EXERCISE PROMPT:
Please write out the listing beneath this sentence exactly, from its first line to the line with "(ok tt, db')", and stop there.

=-=-=-=-=

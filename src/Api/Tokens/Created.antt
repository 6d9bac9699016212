-- ===== src/Api/Tokens/Created.antt =====
-- A token that `createTokenHandler` of internal/api/tokens.go creates.
use hambo.Base.{ℕ, ◌+◌, String, Option, some, ok, ◌≡◌, ◌≢◌, refl, arith, dec_string, true}
use hambo.Base.Int.{ℤ, pos}
use hambo.Store.Tx.{Faults, write_tx}
use hambo.Model.Database.{Database, Collections}
use hambo.Token.{Token, format}
use hambo.Api.Http.{
  Response, token_created, Incoming, value, end_of_input, read, read_json, write_json,
}
use hambo.Api.Tokens.{
  lifetime, create_token_tx, create_token_handler, handle, with_duration, store_token, conclude,
}

-- The request as a client encodes it.
abbrev pub as_json : String → Incoming String
as_json text = record {
  media_type = some "application/json";
  first = value text;
  rest = end_of_input;
}

read_json-as_json : (text : String) → read_json (as_json text) ≡ read text
unfolding read_json dec_string
read_json-as_json text = refl

abbrev pub created : Token → ℕ → Response
created t expires_at =
    record (write_json 201 (token_created (record { token = format t; expires_at = expires_at }))) {
      no_store = true;
    }

module _ {N C T : Type 0} (c : Collections N C T) (parse_duration : String → Option ℤ)
    (secret_hash : String → String) where
  pub create_token_handler-created :
      (f : Faults) (now n : ℕ) (t : Token) (text : String) (db db' : Database N C T)
      → parse_duration text ≡ some (pos n)
      → text ≢ ""
      → lifetime (pos n) ≡ some n
      → write_tx f (create_token_tx c parse_duration secret_hash t.secret (now + n)) db
        ≡ (ok tt, db')
      → create_token_handler c parse_duration secret_hash f now (ok t) (as_json text) db
        ≡ (created t (now + n), db')
  unfolding create_token_handler handle with_duration store_token conclude
  create_token_handler-created f now n t text db db' p some_text l w =
      ground (arith, read_json-as_json text)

=-=-=-=-=

RESULT OF THIS EXERCISE:
filename src/Api/Tokens/Created.antt
repository 6d9bac9699016212
-- ===== src/Api/Tokens/Created.antt =====
-- A token that `createTokenHandler` of internal/api/tokens.go creates.
use hambo.Base.{ℕ, ◌+◌, String, Option, some, ok, ◌≡◌, ◌≢◌, refl, arith, dec_string, true}
use hambo.Base.Int.{ℤ, pos}
use hambo.Store.Tx.{Faults, write_tx}
use hambo.Model.Database.{Database, Collections}
use hambo.Token.{Token, format}
use hambo.Api.Http.{
  Response, token_created, Incoming, value, end_of_input, read, read_json, write_json,
}
use hambo.Api.Tokens.{
  lifetime, create_token_tx, create_token_handler, handle, with_duration, store_token, conclude,
}

-- The request as a client encodes it.
abbrev pub as_json : String → Incoming String
as_json text = record {
  media_type = some "application/json";
  first = value text;
  rest = end_of_input;
}

read_json-as_json : (text : String) → read_json (as_json text) ≡ read text
unfolding read_json dec_string
read_json-as_json text = refl

abbrev pub created : Token → ℕ → Response
created t expires_at =
    record (write_json 201 (token_created (record { token = format t; expires_at = expires_at }))) {
      no_store = true;
    }

module _ {N C T : Type 0} (c : Collections N C T) (parse_duration : String → Option ℤ)
    (secret_hash : String → String) where
  pub create_token_handler-created :
      (f : Faults) (now n : ℕ) (t : Token) (text : String) (db db' : Database N C T)
      → parse_duration text ≡ some (pos n)
      → text ≢ ""
      → lifetime (pos n) ≡ some n
      → write_tx f (create_token_tx c parse_duration secret_hash t.secret (now + n)) db
        ≡ (ok tt, db')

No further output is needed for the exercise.